2. Het obstakel voor de naastenliefde is de hoogmoed, die van het ras, van de kaste, van wie zich superieur waant. Het heil komt de nederigen toe, zij die weten dat zij voorwerp van barmhartigheid zijn en die zelf de barmhartigheid beoefenen; het wordt geweigerd aan hen die muren optrekken en zich verschansen in hun zelfgenoegzaamheid, afgescheiden van de andere mensen en dus van God. Sinds Jezus Christus is er geen uitverkoren volk of messiaans ras meer, geen kaste van volmaakten, zuiveren of wijzen; er zullen nooit Übermenschen zijn. De Farizeeën van weleer, de stoïcijnen en katharen uit latere tijden, de aanhangers van Nietzsche gisteren en die van het elitarisme vandaag, al diegenen die verklaren dat ze tot een waardevoller bloed, volk, cultuur of klasse behoren, zonder behoefte aan verlossing, zonder plicht tot erbarmen en medelijden, zonder deelname in de christelijke naastenliefde – zij halen zich de eeuwige vervloeking op de hals.

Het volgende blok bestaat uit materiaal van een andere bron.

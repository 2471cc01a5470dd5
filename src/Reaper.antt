-- ===== src/Reaper.antt =====
-- The reaper of phantom jobs (src/reaper.rs): plans, and their execution against GitHub.
pub mod Execute
pub mod Safety
pub mod Batch
pub mod Plan
mod Scenarios
use ez_gh_actions.Base.{
  ℕ, zero, suc, ◌+◌, ◌-◌, Bool, true, false, not, ◌&&◌, ◌||◌, Option, none, some, List, [], ◌∷◌,
  ◌++◌, ◌==◌, if◌then◌else◌, is_some_and, any, all, find, Text, text, text_eq,
}
use ez_gh_actions.Base.Decimal.{to_string}
use ez_gh_actions.Base.Results.{Result, ok, err}
use ez_gh_actions.Github.{WorkflowJob}

pub record ReaperPlan : Type 0 where
  pub runner_id : ℕ
  pub runner_name : Text
  pub repo : Text
  pub run_id : ℕ
  pub run_url : Text
  pub job_id : ℕ
  pub job_url : Option Text
  pub age_seconds : ℕ
  pub sequence : List Text

-- a call of the trait `ReaperApi`
pub data Call : Type 0 where
  cancel_workflow_run force_cancel_workflow_run list_workflow_jobs : Text → ℕ → Call
  remove_runner : ℕ → Call

-- `ReaperApi`: any implementation, which answers by all the calls before, the latest first.
pub record ReaperApi : Type 0 where
  pub cancel : List Call → Text → ℕ → Result Text Unit
  pub force_cancel : List Call → Text → ℕ → Result Text Unit
  pub list_jobs : List Call → Text → ℕ → Result Text (List WorkflowJob)
  pub remove : List Call → ℕ → Result Text Unit

pub data ReaperExecutionStatus : Type 0 where
  completed invalid_poll_limit duplicate_runner_plan cancel_failed : ReaperExecutionStatus
  force_cancel_failed job_lookup_failed job_missing : ReaperExecutionStatus
  job_correlation_changed poll_timed_out delete_failed : ReaperExecutionStatus

pub data ReaperStepStatus : Type 0 where
  succeeded failed skipped : ReaperStepStatus

pub record ReaperStepResult : Type 0 where
  pub action : Text
  pub status : ReaperStepStatus
  pub detail : Text

pub record ReaperExecution : Type 0 where
  pub runner_id : ℕ
  pub runner_name : Text
  pub repo : Text
  pub run_id : ℕ
  pub job_id : ℕ
  pub status : ReaperExecutionStatus
  pub steps : List ReaperStepResult

unfoldable pub new : ReaperPlan → ReaperExecution
new plan = record {
  runner_id = plan.runner_id;
  runner_name = plan.runner_name;
  repo = plan.repo;
  run_id = plan.run_id;
  job_id = plan.job_id;
  status = poll_timed_out;
  steps = [];
}

unfoldable pub push_step : Text → ReaperStepStatus → Text → ReaperExecution → ReaperExecution
push_step action status detail self = record self {
  steps = self.steps ++ record { action = action; status = status; detail = detail } ∷ [];
}

unfoldable pub set_status : ReaperExecutionStatus → ReaperExecution → ReaperExecution
set_status status self = record self { status = status }

unfoldable pub job_matches_plan : WorkflowJob → ReaperPlan → Bool
job_matches_plan job plan =
    if is_some_and job.runner_id (λ id. id == plan.runner_id)
    then true
    else is_some_and job.runner_name (λ name. text_eq name plan.runner_name)

abbrev pub in_progress : Text
in_progress = text "in_progress"

pub data PollOutcome : Type 0 where
  terminal still_in_progress poll_failed : PollOutcome

unfoldable pub poll_action : ReaperPlan → Text → Text
poll_action plan phase =
    text "poll after "
    ++ (phase
        ++ (text ": run "
            ++ (to_string plan.run_id
                ++ (text " job " ++ (to_string plan.job_id ++ text " until not in_progress")))))

unfoldable pub attempt_detail : ℕ → Text → Text
attempt_detail attempt detail = text "attempt " ++ (to_string attempt ++ (text ": " ++ detail))

-- one poll's answer: the outcome that ends the loop, or none
unfoldable pub judge_job :
    ReaperPlan → Text → ℕ → WorkflowJob → ReaperExecution → Option (PollOutcome × ReaperExecution)
judge_job plan phase attempt job exec =
    if not (job_matches_plan job plan)
    then some (
      poll_failed,
      push_step (poll_action plan phase) failed
          (attempt_detail attempt (text "correlated job no longer belongs to planned runner"))
          (set_status job_correlation_changed exec),
    )
    else if not (text_eq job.status in_progress)
    then some (
      terminal,
      push_step (poll_action plan phase) succeeded
          (attempt_detail attempt (text "job status=" ++ job.status)) exec,
    )
    else none

unfoldable pub judge_poll :
    ReaperPlan
    → Text
    → ℕ
    → Result Text (List WorkflowJob)
    → ReaperExecution
    → Option (PollOutcome × ReaperExecution)
judge_poll plan phase attempt (err e) exec = some (
  poll_failed,
  push_step (poll_action plan phase) failed (attempt_detail attempt e)
      (set_status job_lookup_failed exec),
)
judge_poll plan phase attempt (ok jobs) exec = elim (find (λ job. job.id == plan.job_id) jobs) [
  | none ↦ some (
    poll_failed,
    push_step (poll_action plan phase) failed
        (attempt_detail attempt (text "correlated job missing")) (set_status job_missing exec),
  )
  | some job ↦ judge_job plan phase attempt job exec
]

abbrev pub Polled : Type 0
Polled = PollOutcome × ReaperExecution × List Call

-- the polls left, the number of the next one, and the configured number
unfoldable pub poll_loop :
    ReaperApi → ReaperPlan → Text → ℕ → ℕ → ℕ → ReaperExecution → List Call → Polled
poll_loop api plan phase limit zero attempt exec h = (
  still_in_progress,
  push_step (poll_action plan phase) failed
      (text "job stayed in_progress for " ++ (to_string limit ++ text " poll attempts"))
      (set_status poll_timed_out exec),
  h,
)
poll_loop api plan phase limit (suc left) attempt exec h =
    let h' = list_workflow_jobs plan.repo plan.run_id ∷ h in
    elim (judge_poll plan phase attempt (api.list_jobs h plan.repo plan.run_id) exec) [
      | some (outcome, exec') ↦ (outcome, exec', h')
      | none ↦ poll_loop api plan phase limit left (attempt + 1) exec h'
    ]

unfoldable pub poll_until_job_terminal :
    ReaperApi → ReaperPlan → ReaperExecution → ℕ → Text → List Call → Polled
poll_until_job_terminal api plan exec poll_attempts phase h =
    poll_loop api plan phase poll_attempts poll_attempts 1 exec h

Alleen de devotie tot het Onbevlekt Hart van Maria kan het schepsel doen afzien van die dwaze hoogmoed die het ertoe aanzet altaren voor zichzelf op te richten: de vervulling van zijn roeping van kind van Maria begint met de nederige erkenning van zijn nietigheid en een betrouwvolle, kinderlijke gehoorzaamheid, in afwachting van de wil van God.
3. De falangist erkent de gaven die hij van God door geboorte en door de genade van het doopsel gekregen heeft en streeft nederigheid na, de christelijke deugd die het onderpand van zaligheid is. Grootmoedig doet hij de talenten die zijn Meester hem heeft toevertrouwd vrucht dragen, in de roeping die God voor hem gekozen heeft, ten dienste van zijn medebroeders, in de barmhartigheid en – naar het woord en het voorbeeld van Christus – in de vergiffenis van de beledigingen, wat het meest treffende bewijs van christelijke broederliefde is.